HOW TO COMPLETE THIS TASK = Each line of the listing that contains the word "filename" is to be copied.

——————

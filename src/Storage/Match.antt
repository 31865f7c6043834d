-- ===== src/Storage/Match.antt =====
-- internal/storage/service.go: `MatchCacheEntry`, `Match` and `GetCacheEntryWithDownloadURL`.
pub mod Candidates
pub mod Priority
pub mod Permitted
mod Tests
use gha_cache_server.Base.{
  ℕ, Bool, true, not, is_some, Option, none, some, List, [], ◌∷◌, ◌++◌, if◌then◌else◌, Bytes, codes,
}
use gha_cache_server.Action.{Error, no_keys, location_not_found, Action, pure, fail, if_nil, ◌>>=◌}
use gha_cache_server.Db.Models.{CacheEntry}
use gha_cache_server.Db.Queries.{
  find_exact_cache_entry, find_prefixed_cache_entry, get_storage_location,
}
use gha_cache_server.Storage.Adapter.{Adapter}
use gha_cache_server.Storage.World.{ServiceConfig, World, query, storing, merged_name}

pub data MatchType : Type 0 where
  exact_primary prefixed_primary exact_restore prefixed_restore : MatchType

pub record MatchInput : Type 0 where
  pub keys : List Bytes
  pub version : Bytes
  pub scopes : List Bytes
  pub repo_id : Bytes

pub record Match : Type 0 where
  pub entry : CacheEntry
  pub type : MatchType

abbrev pub match_of : MatchType → CacheEntry → Match
match_of type e = record { entry = e; type = type }

module _ {S : Type 0} where
  -- What the loop does for one key in one scope, with the types for an exact and a prefixed match.
  unfoldable pub match_key :
      MatchType → MatchType → Bytes → Bytes → Bytes → Bytes → Action (World S) (Option Match)
  match_key exact prefixed key version scope repo_id = do
    e ← query (find_exact_cache_entry key version scope repo_id)
    if_nil e
        (do
          e ← query (find_prefixed_cache_entry key version scope repo_id)
          if_nil e (pure none) λ e. pure (some (match_of prefixed e)))
        λ e. pure (some (match_of exact e))

  -- The inner loop, over the restore keys.
  unfoldable pub match_restore :
      List Bytes → Bytes → Bytes → Bytes → Action (World S) (Option Match)
  match_restore [] version scope repo_id = pure none
  match_restore (k ∷ restore) version scope repo_id = do
    m ← match_key exact_restore prefixed_restore k version scope repo_id
    if_nil m (match_restore restore version scope repo_id) λ m. pure (some m)

  -- The outer loop, over the scopes.
  unfoldable pub match_scopes :
      Bytes → List Bytes → Bytes → List Bytes → Bytes → Action (World S) (Option Match)
  match_scopes primary restore version [] repo_id = pure none
  match_scopes primary restore version (scope ∷ scopes) repo_id = do
    m ← match_key exact_primary prefixed_primary primary version scope repo_id
    if_nil m
        (do
          m ← match_restore restore version scope repo_id
          if_nil m (match_scopes primary restore version scopes repo_id) λ m. pure (some m))
        λ m. pure (some m)

  unfoldable pub match_keys : List Bytes → MatchInput → Action (World S) (Option Match)
  match_keys [] input = fail no_keys
  match_keys (primary ∷ restore) input =
      match_scopes primary restore input.version input.scopes input.repo_id

  -- `MatchCacheEntry`
  unfoldable pub match_cache_entry : MatchInput → Action (World S) (Option Match)
  match_cache_entry input = match_keys input.keys input

  -- `Match`
  unfoldable pub match_one : Bytes → Bytes → Bytes → Bytes → Action (World S) (Option Match)
  match_one key version scope repo_id =
      match_cache_entry
        (record { keys = key ∷ []; version = version; scopes = scope ∷ []; repo_id = repo_id })

pub record ResolvedDownload : Type 0 where
  pub entry : CacheEntry
  pub download_url : Bytes

module _ {S : Type 0} (adapter : Adapter S) (cfg : ServiceConfig) where
  abbrev pub resolved : CacheEntry → Bytes → Option ResolvedDownload
  resolved e url = some (record { entry = e; download_url = url })

  abbrev pub default_url : CacheEntry → Bytes
  default_url e = cfg.api_base_url ++ codes "/download/" ++ e.id

  -- The URL of a matched entry.
  unfoldable pub resolve : CacheEntry → Action (World S) (Option ResolvedDownload)
  resolve e = if not cfg.enable_direct_downloads then pure (resolved e (default_url e)) else do
    found ← query (get_storage_location e.location_id)
    if_nil found (fail location_not_found) λ loc.
        if not (is_some loc.merged_at) then pure (resolved e (default_url e)) else do
          url ← storing (adapter.create_download_url (merged_name loc.folder_name))
          if_nil url (pure (resolved e (default_url e))) λ url. pure (resolved e url)

  -- `GetCacheEntryWithDownloadURL`
  unfoldable pub get_cache_entry_with_download_url :
      MatchInput → Action (World S) (Option ResolvedDownload)
  get_cache_entry_with_download_url input = do
    m ← match_cache_entry input
    if_nil m (pure none) λ m. resolve m.entry
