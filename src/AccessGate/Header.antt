-- ===== src/AccessGate/Header.antt =====
-- net/http's Header, and stripIdentity: a map from canonical names to values.
use showroom_msp_chat_ui.Prelude.{
  ℕ, ◌-◌, Char, code, String, ◌≡◌, refl, Bool, true, ◌&&◌, ◌||◌, none, some, List, [], ◌∷◌, ◌==◌,
  leb, eqb, if◌then◌else◌,
}
use Prim.Native.String.{[], ◌∷◌}
use showroom_msp_chat_ui.Text.{has_prefix, has_char, lower, pick, lower_char}
use showroom_msp_chat_ui.Dictionary.{Map, lookup, insert, remove}
use showroom_msp_chat_ui.AccessGate.{token_header}

abbrev pub Header : Type 0
Header = Map (List String)

abbrev is_letter_or_digit : ℕ → Bool
is_letter_or_digit n =
    (leb b'a' n && leb n b'z') || (leb b'A' n && leb n b'Z') || (leb b'0' n && leb n b'9')

-- the characters of a header name: letters, digits and !#$%&'*+-.^_`|~
unfoldable pub is_token : String → Bool
unfolding has_char
is_token [] = true
is_token (c ∷ s) =
    (is_letter_or_digit (code c) || has_char (code c) "!#$%&'*+-.^_`|~") && is_token s

unfoldable pub upper_char : Char → Char
unfolding pick
upper_char c =
    if leb b'a' (code c) && leb (code c) b'z'
    then pick "ABCDEFGHIJKLMNOPQRSTUVWXYZ" c (code c - b'a')
    else c

-- An upper-case letter first and behind each dash, else lower case.
unfoldable pub capitalise : Bool → String → String
unfolding upper_char lower_char
capitalise start [] = []
capitalise start (c ∷ s) =
    (if start then upper_char c else lower_char c) ∷ capitalise (eqb (code c) b'-') s

-- textproto.CanonicalMIMEHeaderKey
unfoldable pub canonical : String → String
unfolding is_token capitalise
canonical name = if is_token name then capitalise true name else name

abbrev pub values : String → Header → List String
values name h = elim (lookup (canonical name) h) [ none ↦ [] | some vs ↦ vs ]

abbrev pub first_value : List String → String
first_value [] = ""
first_value (s ∷ _) = s

abbrev pub get : String → Header → String
get name h = first_value (values name h)

abbrev pub set_header : String → String → Header → Header
set_header name value h = insert (canonical name) (value ∷ []) h

abbrev pub delete : String → Header → Header
delete name h = remove (canonical name) h

-- the test of stripIdentity, on a name
unfoldable pub is_identity : String → Bool
unfolding lower has_char has_prefix
is_identity name =
    let n = lower name in
    has_char b'_' n
    || has_prefix n "x-chatui-"
    || has_prefix n "x-forwarded-"
    || has_prefix n "x-auth-"
    || has_prefix n "x-remote-"
    || has_prefix n "impersonate-"
    || n == "forwarded"
    || n == "x-api-key"

-- the loop of stripIdentity over the names that the map had
unfoldable pub strip_names : Header → Header → Header
strip_names [] h = h
strip_names ((name, _) ∷ names) h =
    strip_names names (if is_identity name then delete name h else h)

unfoldable pub strip_identity : Header → Header
unfolding strip_names
strip_identity h = strip_names h h

canonical_test : (canonical token_header ≡ "X-Chatui-Oidc-Token") × (canonical "a b" ≡ "a b")
unfolding canonical
canonical_test = (refl, refl)

strip_test :
    strip_identity (("X-Auth-User", "a" ∷ []) ∷ ("Accept", "b" ∷ []) ∷ ("X_y", []) ∷ [])
    ≡ ("Accept", "b" ∷ []) ∷ []
unfolding strip_identity is_identity canonical remove
strip_test = refl
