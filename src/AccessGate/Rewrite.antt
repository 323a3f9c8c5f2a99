-- ===== src/AccessGate/Rewrite.antt =====
-- The Rewrite function of the gate's reverse proxy.
pub mod Trusted
use showroom_msp_chat_ui.Prelude.{String, List, [], ◌∷◌, ◌==◌, if◌then◌else◌}
use Prim.Native.String.{◌++◌}
use showroom_msp_chat_ui.AccessPolicy.{Url}
use showroom_msp_chat_ui.AccessGate.Header.{Header, strip_identity, set_header, values, delete, get}
use showroom_msp_chat_ui.Text.{has_prefix}
use showroom_msp_chat_ui.AccessGate.{cookie_name, Gate, role_header, email_header}

pub record Cookie : Type 0 where
  pub name : String
  pub value : String

-- net/http's cookies: the cookies of a Cookie header, and how AddCookie writes one
pub record CookieJar : Type 0 where
  pub read : List String → List Cookie
  pub render : Cookie → String

-- what Rewrite changes of an outgoing request
pub record Outgoing : Type 0 where
  pub target : Url
  pub host : String
  pub header : Header

module _ (jar : CookieJar) where
  -- http.Request.AddCookie
  unfoldable pub add_cookie : Cookie → Header → Header
  add_cookie c h =
      let old = get "Cookie" h in
      set_header "Cookie" (if old == "" then jar.render c else old ++ ("; " ++ jar.render c)) h

  -- the loop over the cookies
  unfoldable pub keep_cookies : List Cookie → Header → Header
  unfolding has_prefix
  keep_cookies [] h = h
  keep_cookies (c ∷ cs) h =
      keep_cookies cs (if has_prefix c.name cookie_name then h else add_cookie c h)

  -- the headers that the gate sets itself
  unfoldable pub set_identity : String → String → Header → Header
  set_identity identity host h = set_header "X-Forwarded-Host" host (
      set_header "X-Forwarded-Proto" "https"
        (set_header role_header "user" (set_header email_header identity h)))

  -- `header` is the outgoing header, after the hop-by-hop fields were removed.
  unfoldable pub rewrite : Gate → String → Header → Outgoing
  unfolding strip_identity set_identity
  rewrite g identity header =
      let h = set_identity identity g.host (strip_identity header) in
      let cookies = jar.read (values "Cookie" h) in
      record {
        target = g.upstream;
        host = g.host;
        header = keep_cookies cookies (delete "Cookie" h);
      }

——————

EXPECTED ANSWER =
filename src/Storage/Match.antt
filename src/AccessGate/Header.antt
filename src/AccessGate/Rewrite.antt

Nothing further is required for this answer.